Receipt-Wrangler / receipt-wrangler-api

Server for Receipt Wrangler
GNU Affero General Public License v3.0
82 stars 1 forks source link

Possible to NOT use OCR? #276

Closed joestump closed 3 months ago

joestump commented 3 months ago

Is it possible to skip OCR entirely and just use the file uploaded directly with OpenAI?

joestump commented 3 months ago

The OCR being returned on any photos of a physical receipt is pretty bad:

oie Py aa oe e Lily Cla ‘ yt Ne ’ od a YAS rh ’ 25. Layey a ‘ Doe SS aOR ee RSE SRC ie ea Ce ges 02 sabe Bhat 2 7 Nigh ANA ope nets Oe. eles SEES uaa tat rwury fa sae . RA Pa Ss ee é ¢ J WS RITA Bea Bg nore Tea re Swe Mea Se Se ok 8 ae REE GR ee Aaa ae 

When I try the EasyOCR I get: Receipt data from AI: signal: illegal instruction (core dumped)

Would prefer to just let OpenAI read the text in the image as well as extracting information from the image.
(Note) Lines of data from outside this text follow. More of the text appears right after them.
-- ===== src/Server/Running/Once.antt =====
-- A barrier that fails has called `close_server` exactly once.
use kierki_sik.Prelude.{
  ℕ, ◌+◌, ◌≡◌, refl, ap, List, [], ◌∷◌, ◌++◌, Bool, true, false, none, some, Bytes, codes,
  if◌then◌else◌, ◌==◌, ltb,
}
use kierki_sik.Server.{Signal, answer, disconnected, barrier_response, barrier_end}
use kierki_sik.Server.Running.{
  Desk, Course, going, returned, thrown, waiting, ◌>>=◌, closing, tell, tell_all, barrier, Meeting,
  first_meeting, later_meetings, meet_byte, meet_pipe, meet_pipes, meet, with_occupied,
  with_ongoing, Seen, nothing, pipe_closed, pipe_failed, pipe_error, byte,
}

-- From a desk with these closings, a course goes on without a call of `close_server`, returns behind
-- exactly one, or waits for ever, and no exception escapes.
abbrev pub Once : List Bytes → Course → Type 0
Once closings (going e) = e.closings ≡ closings
Once closings (returned e) = (message : Bytes) × (e.closings ≡ closings ++ message ∷ [])
Once closings (thrown e) = ⊥
Once closings (waiting e) = Unit {0}

bind-Once :
    (l : List Bytes) (x : Course) (f : Desk → Course)
    → Once l x
    → ((e : Desk) → e.closings ≡ l → Once l (f e))
    → Once l (x >>= f)
bind-Once l (going e) f h more = more e h
bind-Once l (returned e) f h more = h
bind-Once l (thrown e) f h more = h
bind-Once l (waiting e) f h more = tt

closing-Once :
    (l : List Bytes) (message : Bytes) (d : Desk)
    → d.closings ≡ l
    → Once l (returned (closing message d))
closing-Once l message d e = (message, ap (λ k. k ++ message ∷ []) e)

if-Once :
    (l : List Bytes) (b : Bool) (x y : Course) → Once l x → Once l y → Once l (if b then x else y)
if-Once l true x y hx hy = hx
if-Once l false x y hx hy = hy

tell-Once : (l : List Bytes) (m : Signal) (i : ℕ) (d : Desk) → d.closings ≡ l → Once l (tell m i d)
unfolding tell
tell-Once l m i d e =
    if-Once l (answer d.writes) _ _ e
      (codes "Failed to notify thread.", ap (λ k. k ++ codes "Failed to notify thread." ∷ []) e)

tell_all-Once : (l : List Bytes) (m : Signal) (d : Desk) → d.closings ≡ l → Once l (tell_all m d)
unfolding tell_all
tell_all-Once l m d e =
    bind-Once l _ _
      (bind-Once l _ _ (bind-Once l _ _ (tell-Once l m 0 d e) (λ u q. tell-Once l m 1 u q))
        (λ u q. tell-Once l m 2 u q))
      (λ u q. tell-Once l m 3 u q)

meet_byte-Once :
    (l : List Bytes) (i : ℕ) (m : Signal) (d : Desk) → d.closings ≡ l → Once l (meet_byte i m d)
unfolding meet_byte
meet_byte-Once l i barrier_response d e = e
meet_byte-Once l i disconnected d e =
    if-Once l (i == 4) _ _ (closing-Once l (codes "Connection thread failed.") d e)
      (tell-Once l barrier_response i d e)
meet_byte-Once l i _ d e = closing-Once l (codes "Invalid message in barrier poll.") d e

meet_pipe-Once :
    (l : List Bytes) (i : ℕ) (seen : Seen) (d : Desk) → d.closings ≡ l → Once l (meet_pipe i seen d)
unfolding meet_pipe
meet_pipe-Once l i nothing d e = e
meet_pipe-Once l i (byte m) d e = meet_byte-Once l i m d e
meet_pipe-Once l i pipe_closed d e = closing-Once l (codes "Thread closed its pipes (illegal).") d e
meet_pipe-Once l i pipe_failed d e = closing-Once l (codes "Failed to read from server thread.") d e
meet_pipe-Once l i pipe_error d e = closing-Once l (codes "Poll error in barrier poll.") d e

meet_pipes-Once :
    (l : List Bytes) (i : ℕ) (pipes : List Seen) (d : Desk)
    → d.closings ≡ l
    → Once l (meet_pipes i pipes d)
unfolding meet_pipes
meet_pipes-Once l i [] d e = e
meet_pipes-Once l i (seen ∷ pipes) d e =
    bind-Once l _ _ (meet_pipe-Once l i seen d e) (λ u q. meet_pipes-Once l (i + 1) pipes u q)

over-Once :
    (l : List Bytes) (b : Bool) (occupied : ℕ) (d : Desk)
    → d.closings ≡ l
    → Once l (
        going
          (if b then with_ongoing false (with_occupied occupied d) else with_occupied occupied d))
over-Once l true occupied d e = e
over-Once l false occupied d e = e

meet-Once : (l : List Bytes) (rounds : Meeting) (d : Desk) → d.closings ≡ l → Once l (meet rounds d)
unfolding meet
meet-Once l [] d e = tt
meet-Once l (none ∷ rounds) d e =
    closing-Once l (codes "Failed to poll while waiting for clients.") d e
meet-Once l (some (pipes, occupied) ∷ rounds) d e =
    bind-Once l _ _ (meet_pipes-Once l 0 pipes d e) (λ u q.
      if-Once l (ltb occupied 4) _ _ (meet-Once l rounds (with_occupied occupied u) q)
        (over-Once l (occupied == 4) occupied u q))

pub barrier-Once : (d : Desk) → Once d.closings (barrier d)
unfolding barrier
barrier-Once d =
    let l = d.closings in
    let d' =
      with_ongoing true (with_occupied 0 (record d { barriers = later_meetings d.barriers })) in
    bind-Once l _ _
      (bind-Once l _ _ (tell_all-Once l barrier_response d' refl)
        (λ e q. meet-Once l (first_meeting d.barriers) e q))
      (λ e q. tell_all-Once l barrier_end e q)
Noah231515 commented 3 months ago

I have been experimenting with the viability of using vision models/multi modal models for Receipt Wrangler recently. It is definitely a lot easier than using OCR, and the whole process is much faster too.
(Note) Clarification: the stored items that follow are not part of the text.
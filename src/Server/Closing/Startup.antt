-- ===== src/Server/Closing/Startup.antt =====
-- Starting the server: what a start that fails leaves open.
use kierki_sik.Prelude.{
  ℕ, zero, suc, ◌+◌, ◌≡◌, refl, sym, subst, ap, ◌∙◌, List, [], ◌∷◌, ◌++◌, append_assoc, append-nil,
  Bool, true, false, Option, none, some, Bytes, codes, arith, if◌then◌else◌,
}
use mathlib.Core.List.{perm_append_comm}
use mathlib.Core.List.Perm
use kierki_sik.Server.{answer, later}
use kierki_sik.Server.Closing.{
  Descriptor, both_ends, pipes_at, read_pipe, write_pipe, opens, starts_connections, Main, act,
  open_pipe, create_pipes, close_server, close_each, meet_clients, start_game, reading, writing,
}
use kierki_sik.Server.Running.{Desk, Course, going, returned, thrown, waiting, barrier}
use kierki_sik.Server.Running.Once.{Once, barrier-Once}
use kierki_sik.Server.Closing.Descriptors.{
  opened, closed, opened-append, closed-append, pipes_from, pipes_from_last, next-Closes,
  close_fds-Closes, close_first-Closes, HasOpen, IsTidy, idle-HasOpen, open-HasOpen, tidy,
  close_server-Closes,
}

-- How the loop over the pipes ends: all are open, or nothing is.
abbrev Made : ℕ → Bool × Main → Type 0
Made n (true, m) = HasOpen (pipes_from n 0) m
Made n (false, m) = IsTidy m

chosen-Made :
    (n : ℕ) (a b : Bool) (x y z : Bool × Main)
    → Made n x
    → Made n y
    → Made n z
    → Made n (if a then if b then x else y else z)
chosen-Made n true true x y z hx hy hz = hx
chosen-Made n true false x y z hx hy hz = hy
chosen-Made n false b x y z hx hy hz = hz

regroup :
    (xs : List Descriptor) (a b c d : Descriptor)
    → ((xs ++ a ∷ b ∷ []) ++ c ∷ []) ++ d ∷ [] ≡ xs ++ a ∷ b ∷ c ∷ d ∷ []
regroup xs a b c d = simp append_assoc

pipe-HasOpen :
    (i : ℕ) (m : Main)
    → HasOpen (pipes_from i 0) m
    → HasOpen (pipes_from i 0 ++ both_ends (read_pipe i)) (open_pipe (read_pipe i) m)
pipe-HasOpen i m h =
    subst (λ l. HasOpen l (open_pipe (read_pipe i) m))
      (append_assoc (pipes_from i 0) ((read_pipe i, reading) ∷ []) ((read_pipe i, writing) ∷ []))
      (open-HasOpen _ (read_pipe i, writing) (act (opens (read_pipe i, reading)) m)
        (open-HasOpen (pipes_from i 0) (read_pipe i, reading) m h))

pipes-HasOpen :
    (i : ℕ) (m : Main)
    → HasOpen (pipes_from i 0) m
    → HasOpen (pipes_from (i + 1) 0) (open_pipe (write_pipe i) (open_pipe (read_pipe i) m))
pipes-HasOpen i m h =
    subst (λ l. HasOpen l (open_pipe (write_pipe i) (open_pipe (read_pipe i) m))) same_pipes
      (open-HasOpen _ (write_pipe i, writing)
        (act (opens (write_pipe i, reading)) (open_pipe (read_pipe i) m))
        (open-HasOpen _ (write_pipe i, reading) (open_pipe (read_pipe i) m) (pipe-HasOpen i m h)))
  where
    next : suc i ≡ i + 1
    next = omega arith

    same_pipes :
        ((pipes_from i 0 ++ both_ends (read_pipe i)) ++ (write_pipe i, reading) ∷ [])
          ++ (write_pipe i, writing) ∷ []
        ≡ pipes_from (i + 1) 0
    same_pipes =
        regroup (pipes_from i 0) _ _ _ _
        ∙ ap (λ k. pipes_from i 0 ++ pipes_at k) (omega arith)
        ∙ sym (pipes_from_last i 0)
        ∙ ap (λ k. pipes_from k 0) next

create_pipes-Made :
    (n i : ℕ) (made : List Bool) (m : Main)
    → HasOpen (pipes_from i 0) m
    → Made (n + i) (create_pipes n i made m)
unfolding create_pipes
create_pipes-Made zero i made m h = subst (λ k. HasOpen (pipes_from k 0) m) (omega arith) h
create_pipes-Made (suc n) i made m h =
    chosen-Made (suc n + i) (answer made) (answer (later made)) _ _ _
      (subst
        (λ k. Made k (
          create_pipes n (i + 1) (later (later made))
            (open_pipe (write_pipe i) (open_pipe (read_pipe i) m))))
        (omega arith)
        (create_pipes-Made n (i + 1) (later (later made))
          (open_pipe (write_pipe i) (open_pipe (read_pipe i) m)) (pipes-HasOpen i m h)))
      (tidy (pipes_from i 0 ++ both_ends (read_pipe i)) (both_ends (read_pipe i) ++ pipes_from i 0)
        _ _
        (idle-HasOpen _ (codes "Failed to create pipes.") (open_pipe (read_pipe i) m)
          (pipe-HasOpen i m h))
        (next-Closes (both_ends (read_pipe i)) (pipes_from i 0) _ _ _
          (close_fds-Closes (both_ends (read_pipe i)) _) (close_first-Closes i 0 _))
        (perm_append_comm (pipes_from i 0) (both_ends (read_pipe i))))
      (tidy (pipes_from i 0) (pipes_from i 0) _ _
        (idle-HasOpen (pipes_from i 0) (codes "Failed to create pipes.") m h)
        (close_first-Closes i 0 _) Perm.rfl)

-- How the start of the game ends: the barrier waits for ever, or it is over, all pipes are open and
-- the connection thread runs, or the start has failed, and nothing is left open.
abbrev pub Started : Desk → Option (Bool × Main) → Type 0
Started d none = (e : Desk) × (barrier (record d { closings = [] }) ≡ waiting e)
Started d (some (true, m)) =
    (e : Desk) × (barrier (record d { closings = [] }) ≡ going e)
    × (opened m.log ≡ pipes_from 5 0)
    × (closed m.log ≡ [])
Started d (some (false, m)) = IsTidy m

close_each-IsTidy :
    (message : Bytes) (messages : List Bytes) (ids : List ℕ) (m : Main)
    → messages ≡ message ∷ []
    → HasOpen (pipes_from 5 0) m
    → IsTidy (close_each messages ids m)
close_each-IsTidy message messages ids m e h = subst (λ l. IsTidy (close_each l ids m)) (sym e) once
  where
    once : IsTidy (close_each (message ∷ []) ids m)
    once =
        unfold close_each in
        tidy (pipes_from 5 0) (pipes_from 5 0) m _ h (close_server-Closes message ids m) Perm.rfl

-- The start behind the creation of the connection thread.
meet_clients-Started :
    (ids : List ℕ) (d : Desk) (m : Main) (x : Course)
    → barrier (record d { closings = [] }) ≡ x
    → Once [] x
    → HasOpen (pipes_from 5 0) m
    → Started d (meet_clients ids x m)
unfolding meet_clients
meet_clients-Started ids d m (going e) q o h = (e, q, h.there, h.untouched)
meet_clients-Started ids d m (returned e) q (message, o) h =
    close_each-IsTidy message e.closings ids m o h
meet_clients-Started ids d m (thrown e) q o h = absurd o
meet_clients-Started ids d m (waiting e) q o h = (e, q)

starting-HasOpen :
    (fds : List Descriptor) (m : Main) → HasOpen fds m → HasOpen fds (act starts_connections m)
unfolding opened closed
starting-HasOpen fds m h = record {
  there = opened-append m.log (starts_connections ∷ []) ∙ append-nil (opened m.log) ∙ h.there;
  untouched =
      closed-append m.log (starts_connections ∷ []) ∙ append-nil (closed m.log) ∙ h.untouched;
}

-- A start of the server that fails, whichever call of `pipe` is refused, if the thread cannot be
-- created, or if the first barrier fails for any reason, closes exactly the descriptors that it
-- opened, each once. A start that succeeds has opened both ends of the ten pipes, closed none, and its
-- barrier is over; the only other outcome is a barrier that waits for ever.
pub start_game-Started :
    (made : List Bool) (connections : Option Bytes) (client_threads : List ℕ) (d : Desk) (m : Main)
    → m.log ≡ []
    → Started d (start_game made connections client_threads d m)
unfolding start_game opened closed
start_game-Started made connections client_threads d m fresh =
    go (create_pipes 5 0 made m) connections (
      create_pipes-Made 5 0 made m
        (record { there = ap opened fresh; untouched = ap closed fresh }))
  where
    go :
        (p : Bool × Main) (connections : Option Bytes)
        → Made 5 p
        → Started d (
            if p.0
            then elim connections [
              | some what ↦ some (false, close_server what [] p.1)
              | none ↦
                  meet_clients client_threads
                    (barrier (record d { closings = [] }))
                    (act starts_connections p.1)
            ]
            else some (false, p.1))
    go (false, n) connections h = h
    go (true, n) none h =
        meet_clients-Started client_threads d (act starts_connections n)
          (barrier (record d { closings = [] })) refl (barrier-Once (record d { closings = [] }))
          (starting-HasOpen (pipes_from 5 0) n h)
    go (true, n) (some what) h =
        tidy (pipes_from 5 0) (pipes_from 5 0) n _ h (close_server-Closes what [] n) Perm.rfl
I'll mark this as a feature request, assuming it works well enough it will get implemented in Receipt Wrangler. I'll also check out what's going on with EasyOCR.

For using OCR in general, the photos need to be as clear as they can possibly be for good results. Tesseract in particular works the best on black and white images, with minimal receipt wrinkles and all of that. Receipt Wrangler does pre process every image before performing OCR, such as de-skewing (straightening image), converting to black and white and removing noise, so the input image doesn't have to be absolutely perfect. But better quality still helps.

Noah231515 commented 3 months ago

Support for OpenAI Vision has been added, make sure to update your container(s) first. Check out https://receiptwrangler.io/docs/concepts/system-settings/receipt-processing-settings#managing-open-aigemini-receipt-processing-settings to learn more.

Just need to pick the model you would like to use in the Receipt Processing Settings, either gpt-4o or gpt-4o-mini, then check the "Use Vision?" Checkbox and you'll be good to go.